Mittwoch, 21.07.2010, 17:07 Uhr

Ochtrup - Viele Ochtruper Gaskunden wehren sich auf Anraten des Bundes der Energieverbraucher (BdEV) gegen die ihrer Meinung nach zu hohen Gaspreise. Zahlreiche Widerspruchsangelegenheiten laufen bereits seit 2004. Doch wie soll der Energiepreisprotestler reagieren, wenn ihm ein Mahnbescheid der Stadtwerke ins Haus flattert? Antworten auf diese Frage gab es während des Infoabends, zu dem der BdEV am Dienstag in die Gaststätte Althoff eingeladen hatte.

Bernd Ahlers vom Bund der Energieverbraucher freute sich, dass Rechtsanwalt Werner Kleimeier als Referent zur Verfügung stand. Der Jurist aus Laer hat Erfahrung mit Verfahren im Bereich der Energiepreisproteste.
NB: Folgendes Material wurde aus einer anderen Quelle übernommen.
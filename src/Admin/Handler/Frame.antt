-- ===== src/Admin/Handler/Frame.antt =====
-- What each handler of the administration leaves alone.
use tempcdn.Prelude.{◌≡◌, ◌⊎◌, inl, inr, refl, Bool-cases, Option, some, none, arith}
use tempcdn.Text.{Text, is_empty, trim_space}
use tempcdn.Action.{Result}
use tempcdn.Metadata.Model.{UploadSettings}
use tempcdn.Metadata.Tables.{AdminDb}
use tempcdn.Admin.Model.{AdminError, Platform}
use tempcdn.Admin.Sessions.{Session}
use tempcdn.Admin.Settings.{UpdateUploadSettingsInput, update_settings}
use tempcdn.Admin.Frame.{
  KeepsAll, ButKeys, ButSettings, login-ButAccounts, logout-KeepsAll, create_api_key-ButKeys,
  list_keys-KeepsAll, revoke_key-ButKeys, get_settings-KeepsAll, update_settings-ButSettings,
  get_document-KeepsAll, update_document-ButDocuments,
}
use tempcdn.Upload.Validator.{Rules}
use tempcdn.Admin.Handler.{
  Decoder, State, LoginRequestBody, with_login, with_name, with_settings, with_content,
  handle_login, handle_logout, handle_me, handle_create_api_key, handle_list_api_keys,
  handle_revoke_api_key, handle_get_upload_settings, handle_update_upload_settings,
  handle_get_document, handle_update_document, after_update,
}
use tempcdn.Http.{Request}

-- What may have changed is a parameter: each table but that of sessions, and the rules.
pub record Keeps (accounts keys settings documents rules : Type 0) (a b : State) : Type 0 where
  pub admins : accounts ⊎ (b.db.tables.admins ≡ a.db.tables.admins)
  pub api_keys : keys ⊎ (b.db.tables.api_keys ≡ a.db.tables.api_keys)
  pub upload_settings : settings ⊎ (b.db.tables.upload_settings ≡ a.db.tables.upload_settings)
  pub legal_documents : documents ⊎ (b.db.tables.legal_documents ≡ a.db.tables.legal_documents)
  pub same_rules : rules ⊎ (b.rules ≡ a.rules)

module _ {accounts keys settings documents rules : Type 0} where
  -- Only sessions have changed.
  pub all-Keeps :
      (s t : State)
      → KeepsAll s.db t.db
      → t.rules ≡ s.rules
      → Keeps accounts keys settings documents rules s t
  all-Keeps s t (a, k, u, l) r = record {
    admins = inr a;
    api_keys = inr k;
    upload_settings = inr u;
    legal_documents = inr l;
    same_rules = inr r;
  }

  pub same-Keeps : (s : State) → Keeps accounts keys settings documents rules s s
  same-Keeps s = all-Keeps s s (refl, refl, refl, refl) refl

  pub keys-Keeps :
      keys
      → (s t : State) → ButKeys s.db t.db
      → t.rules ≡ s.rules
      → Keeps accounts keys settings documents rules s t
  keys-Keeps x s t (a, u, l) r = record {
    admins = inr a;
    api_keys = inl x;
    upload_settings = inr u;
    legal_documents = inr l;
    same_rules = inr r;
  }

  module _ (p : Platform) (d : Decoder) (callback : Option (UploadSettings → Rules → Rules))
      (r : Request) (s : State) where
    pub login-Keeps :
        accounts → Keeps accounts keys settings documents rules s (handle_login p d callback r s).1
    unfolding handle_login
    login-Keeps x = by_body (d.login_request r.body)
      where
        by_body :
            (b : Option LoginRequestBody)
            → Keeps accounts keys settings documents rules s (with_login p d callback b r s).1
        by_body none = same-Keeps s
        by_body (some b) =
            let (k, u, l) =
              login-ButAccounts p b.username b.password r.chance.random r.chance.now s.db in
            record {
              admins = inl x;
              api_keys = inr k;
              upload_settings = inr u;
              legal_documents = inr l;
              same_rules = inr refl;
            }

    pub logout-Keeps :
        Keeps accounts keys settings documents rules s (handle_logout p d callback r s).1
    unfolding handle_logout
    logout-Keeps = all-Keeps s _ (logout-KeepsAll p _ s.db) refl

    pub me-Keeps : Keeps accounts keys settings documents rules s (handle_me p d callback r s).1
    unfolding handle_me
    me-Keeps = same-Keeps s

    pub create_api_key-Keeps :
        keys
        → Keeps accounts keys settings documents rules s (handle_create_api_key p d callback r s).1
    unfolding handle_create_api_key
    create_api_key-Keeps x = by_body (d.create_api_key_request r.body)
      where
        by_body :
            (b : Option Text)
            → Keeps accounts keys settings documents rules s (with_name p d callback b r s).1
        by_body none = same-Keeps s
        by_body (some name) = elim (Bool-cases (is_empty (trim_space name))) [
          | inl e ↦ rw e (same-Keeps s)
          | inr e ↦ rw e (
              keys-Keeps x s _
                (create_api_key-ButKeys p name r.chance.random r.chance.new_id r.chance.now s.db)
                refl)
        ]

    pub list_api_keys-Keeps :
        Keeps accounts keys settings documents rules s (handle_list_api_keys p d callback r s).1
    unfolding handle_list_api_keys
    list_api_keys-Keeps = all-Keeps s _ (list_keys-KeepsAll p s.db) refl

    pub revoke_api_key-Keeps :
        keys
        → Keeps accounts keys settings documents rules s (handle_revoke_api_key p d callback r s).1
    unfolding handle_revoke_api_key
    revoke_api_key-Keeps x = keys-Keeps x s _ (revoke_key-ButKeys p r.url_id r.chance.now s.db) refl

    pub get_upload_settings-Keeps :
        Keeps accounts keys settings documents rules s
          (handle_get_upload_settings p d callback r s).1
    unfolding handle_get_upload_settings
    get_upload_settings-Keeps = all-Keeps s _ (get_settings-KeepsAll s.db) refl

    pub get_document-Keeps :
        (doc_type : Text)
        → Keeps accounts keys settings documents rules s
            (handle_get_document p d callback doc_type r s).1
    unfolding handle_get_document
    get_document-Keeps doc_type = all-Keeps s _ (get_document-KeepsAll doc_type s.db) refl

    pub update_document-Keeps :
        documents
        → (doc_type : Text)
        → Keeps accounts keys settings documents rules s
            (handle_update_document p d callback doc_type r s).1
    unfolding handle_update_document
    update_document-Keeps x doc_type = by_body (d.update_legal_document_request r.body) r.session
      where
        by_body :
            (b : Option Text) (session : Option Session)
            → Keeps accounts keys settings documents rules s
                (with_content p d callback doc_type b session r s).1
        by_body none session = same-Keeps s
        by_body (some content) none = same-Keeps s
        by_body (some content) (some by) =
            let (a, k, u) =
              update_document-ButDocuments doc_type content by.admin.id r.chance.now s.db in
            record {
              admins = inr a;
              api_keys = inr k;
              upload_settings = inr u;
              legal_documents = inl x;
              same_rules = inr refl;
            }

    after_update-Keeps :
        settings
        → rules
        → (a : Result AdminError UploadSettings) (db : AdminDb) → ButSettings s.db db
        → Keeps accounts keys settings documents rules s (after_update p d callback a db s).1
    unfolding after_update
    after_update-Keeps x y a db (b, k, l) = record {
      admins = inr (ground (arith, b));
      api_keys = inr (ground (arith, k));
      upload_settings = inl x;
      legal_documents = inr (ground (arith, l));
      same_rules = inl y;
    }

    pub update_upload_settings-Keeps :
        settings
        → rules
        → Keeps accounts keys settings documents rules s
            (handle_update_upload_settings p d callback r s).1
    unfolding handle_update_upload_settings
    update_upload_settings-Keeps x y = by_body (d.update_upload_settings_request r.body) r.session
      where
        by_body :
            (b : Option UpdateUploadSettingsInput) (session : Option Session)
            → Keeps accounts keys settings documents rules s
                (with_settings p d callback b session r s).1
        by_body none session = same-Keeps s
        by_body (some i) none = same-Keeps s
        by_body (some i) (some by) =
            let updated : Result AdminError UploadSettings × AdminDb =
              update_settings by.admin.id i r.chance.now s.db in
            after_update-Keeps x y updated.0 updated.1
              (update_settings-ButSettings by.admin.id i r.chance.now s.db)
Anschaulich klärte er die Anwesenden über rechtliche Fragen auf, gab Einblick in mögliche Prozesskosten und beschrieb die einzelnen Schritte eines Verfahrens.

Und das läuft so ab: Nachdem der Kunde Widerspruch gegen den Mahnbescheid eingelegt hat, fordert das zuständige Gericht die Stadtwerke auf, die Klage detailliert zu begründen. Erst danach wird dem Kunden eine schriftliche Klage zugestellt. „Zeigen Sie innerhalb von zwei Wochen an, ob Sie sich gegen die Klage verteidigen wollen“, sagte Kleimeier und wies die Anwesenden darauf hin, unbedingt den vorgeschriebenen Zeitrahmen einzuhalten. Wer sich gegen die Klage verteidigt, muss die Gründe seiner Zahlungsverweigerung bis ins Detail schriftlich formulieren.

Wenn es den Rebellen obendrein gelingt, die Zuständigkeit an das Amtsgericht Dortmund zu verweisen, ist eine weitere Hürde überstanden. Die dortigen Prozesse gehen nach Aussagen des Anwalts meistens zu Gunsten der Gaspreisprotestler aus.

Falls nicht, trägt der Beklagte die Kosten des Verfahrens. Wer eine Rechtsschutzversicherung habe, gehe beim Klageverfahren allerdings kein Kostenrisiko ein, fuhr Kleimeier fort. Doch kurz vor Prozessbeginn noch schnell eine entsprechende Versicherung abzuschließen, bringt nichts. Das muss bereits vor Beginn der Streitigkeiten geschehen sein. Auch auf die Möglichkeit des Prozesskostenfonds wies der Jurist aus Laer die Anwesenden hin. Und im Laufe der Versammlung ging er noch auf verschiedene Fragen der Gaspreisprotestler ein.